### Extracted information
* * * * * * *

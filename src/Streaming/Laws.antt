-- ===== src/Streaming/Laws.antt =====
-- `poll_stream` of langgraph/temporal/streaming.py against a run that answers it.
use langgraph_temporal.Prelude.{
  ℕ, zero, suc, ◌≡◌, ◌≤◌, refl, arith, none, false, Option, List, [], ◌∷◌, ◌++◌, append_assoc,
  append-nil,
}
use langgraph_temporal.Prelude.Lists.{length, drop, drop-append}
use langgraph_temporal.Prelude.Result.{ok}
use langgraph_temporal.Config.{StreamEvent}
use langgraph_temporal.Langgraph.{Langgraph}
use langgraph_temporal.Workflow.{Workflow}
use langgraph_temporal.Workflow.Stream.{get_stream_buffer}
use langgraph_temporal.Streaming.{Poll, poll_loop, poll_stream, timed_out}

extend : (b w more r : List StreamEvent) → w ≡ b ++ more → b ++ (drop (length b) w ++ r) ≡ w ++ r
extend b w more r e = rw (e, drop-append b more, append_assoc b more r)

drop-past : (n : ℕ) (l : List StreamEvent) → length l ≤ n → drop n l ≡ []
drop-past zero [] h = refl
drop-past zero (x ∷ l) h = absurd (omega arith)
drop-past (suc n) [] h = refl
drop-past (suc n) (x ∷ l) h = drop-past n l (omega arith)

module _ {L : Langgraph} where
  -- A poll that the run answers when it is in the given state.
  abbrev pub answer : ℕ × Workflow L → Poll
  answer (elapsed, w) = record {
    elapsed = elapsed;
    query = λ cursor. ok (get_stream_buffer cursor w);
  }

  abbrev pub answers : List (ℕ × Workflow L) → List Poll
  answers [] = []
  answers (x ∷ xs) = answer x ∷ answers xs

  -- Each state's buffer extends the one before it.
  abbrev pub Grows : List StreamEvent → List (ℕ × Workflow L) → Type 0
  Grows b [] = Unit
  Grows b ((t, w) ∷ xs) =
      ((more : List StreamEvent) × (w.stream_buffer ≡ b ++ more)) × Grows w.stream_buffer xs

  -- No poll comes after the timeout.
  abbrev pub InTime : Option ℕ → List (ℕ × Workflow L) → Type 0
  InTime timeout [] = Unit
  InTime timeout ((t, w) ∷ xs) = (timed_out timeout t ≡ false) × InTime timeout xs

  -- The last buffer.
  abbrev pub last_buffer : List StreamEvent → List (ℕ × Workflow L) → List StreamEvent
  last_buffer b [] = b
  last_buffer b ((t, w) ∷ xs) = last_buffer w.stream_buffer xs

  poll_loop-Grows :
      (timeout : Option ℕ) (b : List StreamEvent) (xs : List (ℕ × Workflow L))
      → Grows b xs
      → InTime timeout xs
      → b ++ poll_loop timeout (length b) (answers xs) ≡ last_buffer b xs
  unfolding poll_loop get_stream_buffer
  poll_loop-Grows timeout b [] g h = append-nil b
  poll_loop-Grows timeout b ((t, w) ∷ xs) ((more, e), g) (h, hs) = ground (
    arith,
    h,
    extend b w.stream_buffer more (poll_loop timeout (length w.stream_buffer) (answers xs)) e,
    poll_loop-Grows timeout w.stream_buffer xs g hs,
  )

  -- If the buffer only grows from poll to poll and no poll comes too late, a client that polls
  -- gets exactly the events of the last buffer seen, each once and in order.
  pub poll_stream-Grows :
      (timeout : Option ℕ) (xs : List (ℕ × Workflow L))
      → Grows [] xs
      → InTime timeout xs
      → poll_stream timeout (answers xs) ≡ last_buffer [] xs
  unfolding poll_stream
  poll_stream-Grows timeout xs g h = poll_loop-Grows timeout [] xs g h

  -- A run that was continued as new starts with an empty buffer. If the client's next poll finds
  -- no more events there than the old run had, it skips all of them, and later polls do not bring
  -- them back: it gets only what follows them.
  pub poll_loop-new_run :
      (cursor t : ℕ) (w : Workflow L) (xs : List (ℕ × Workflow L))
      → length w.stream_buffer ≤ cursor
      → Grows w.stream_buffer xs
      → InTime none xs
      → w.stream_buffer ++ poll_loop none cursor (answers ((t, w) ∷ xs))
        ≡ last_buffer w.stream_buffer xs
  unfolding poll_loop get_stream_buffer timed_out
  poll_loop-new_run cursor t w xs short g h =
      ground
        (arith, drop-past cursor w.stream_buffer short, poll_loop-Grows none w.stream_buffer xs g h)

* * * * * * *

### Problem description
Above are some records; repeat all of them exactly.

### Written solution
filename src/Streaming/Laws.antt
-- ===== src/Streaming/Laws.antt =====
-- `poll_stream` of langgraph/temporal/streaming.py against a run that answers it.
use langgraph_temporal.Prelude.{
  ℕ, zero, suc, ◌≡◌, ◌≤◌, refl, arith, none, false, Option, List, [], ◌∷◌, ◌++◌, append_assoc,
  append-nil,
}
use langgraph_temporal.Prelude.Lists.{length, drop, drop-append}
use langgraph_temporal.Prelude.Result.{ok}
use langgraph_temporal.Config.{StreamEvent}
use langgraph_temporal.Langgraph.{Langgraph}
use langgraph_temporal.Workflow.{Workflow}
use langgraph_temporal.Workflow.Stream.{get_stream_buffer}
use langgraph_temporal.Streaming.{Poll, poll_loop, poll_stream, timed_out}

extend : (b w more r : List StreamEvent) → w ≡ b ++ more → b ++ (drop (length b) w ++ r) ≡ w ++ r
extend b w more r e = rw (e, drop-append b more, append_assoc b more r)

drop-past : (n : ℕ) (l : List StreamEvent) → length l ≤ n → drop n l ≡ []
drop-past zero [] h = refl
drop-past zero (x ∷ l) h = absurd (omega arith)
drop-past (suc n) [] h = refl
drop-past (suc n) (x ∷ l) h = drop-past n l (omega arith)

module _ {L : Langgraph} where
  -- A poll that the run answers when it is in the given state.
  abbrev pub answer : ℕ × Workflow L → Poll
  answer (elapsed, w) = record {
    elapsed = elapsed;
    query = λ cursor. ok (get_stream_buffer cursor w);
  }

  abbrev pub answers : List (ℕ × Workflow L) → List Poll
  answers [] = []
  answers (x ∷ xs) = answer x ∷ answers xs

  -- Each state's buffer extends the one before it.
  abbrev pub Grows : List StreamEvent → List (ℕ × Workflow L) → Type 0
  Grows b [] = Unit
  Grows b ((t, w) ∷ xs) =
      ((more : List StreamEvent) × (w.stream_buffer ≡ b ++ more)) × Grows w.stream_buffer xs

  -- No poll comes after the timeout.
  abbrev pub InTime : Option ℕ → List (ℕ × Workflow L) → Type 0
  InTime timeout [] = Unit
  InTime timeout ((t, w) ∷ xs) = (timed_out timeout t ≡ false) × InTime timeout xs

  -- The last buffer.
  abbrev pub last_buffer : List StreamEvent → List (ℕ × Workflow L) → List StreamEvent
  last_buffer b [] = b
  last_buffer b ((t, w) ∷ xs) = last_buffer w.stream_buffer xs

  poll_loop-Grows :
      (timeout : Option ℕ) (b : List StreamEvent) (xs : List (ℕ × Workflow L))
      → Grows b xs
      → InTime timeout xs
      → b ++ poll_loop timeout (length b) (answers xs) ≡ last_buffer b xs
  unfolding poll_loop get_stream_buffer
  poll_loop-Grows timeout b [] g h = append-nil b
  poll_loop-Grows timeout b ((t, w) ∷ xs) ((more, e), g) (h, hs) = ground (
    arith,
    h,
    extend b w.stream_buffer more (poll_loop timeout (length w.stream_buffer) (answers xs)) e,
    poll_loop-Grows timeout w.stream_buffer xs g hs,
  )

  -- If the buffer only grows from poll to poll and no poll comes too late, a client that polls
  -- gets exactly the events of the last buffer seen, each once and in order.
  pub poll_stream-Grows :
      (timeout : Option ℕ) (xs : List (ℕ × Workflow L))
      → Grows [] xs
      → InTime timeout xs
      → poll_stream timeout (answers xs) ≡ last_buffer [] xs
  unfolding poll_stream
  poll_stream-Grows timeout xs g h = poll_loop-Grows timeout [] xs g h

  -- A run that was continued as new starts with an empty buffer. If the client's next poll finds
  -- no more events there than the old run had, it skips all of them, and later polls do not bring
  -- them back: it gets only what follows them.
  pub poll_loop-new_run :
      (cursor t : ℕ) (w : Workflow L) (xs : List (ℕ × Workflow L))
      → length w.stream_buffer ≤ cursor
      → Grows w.stream_buffer xs
      → InTime none xs
      → w.stream_buffer ++ poll_loop none cursor (answers ((t, w) ∷ xs))
        ≡ last_buffer w.stream_buffer xs
  unfolding poll_loop get_stream_buffer timed_out
  poll_loop-new_run cursor t w xs short g h =
      ground
        (arith, drop-past cursor w.stream_buffer short, poll_loop-Grows none w.stream_buffer xs g h)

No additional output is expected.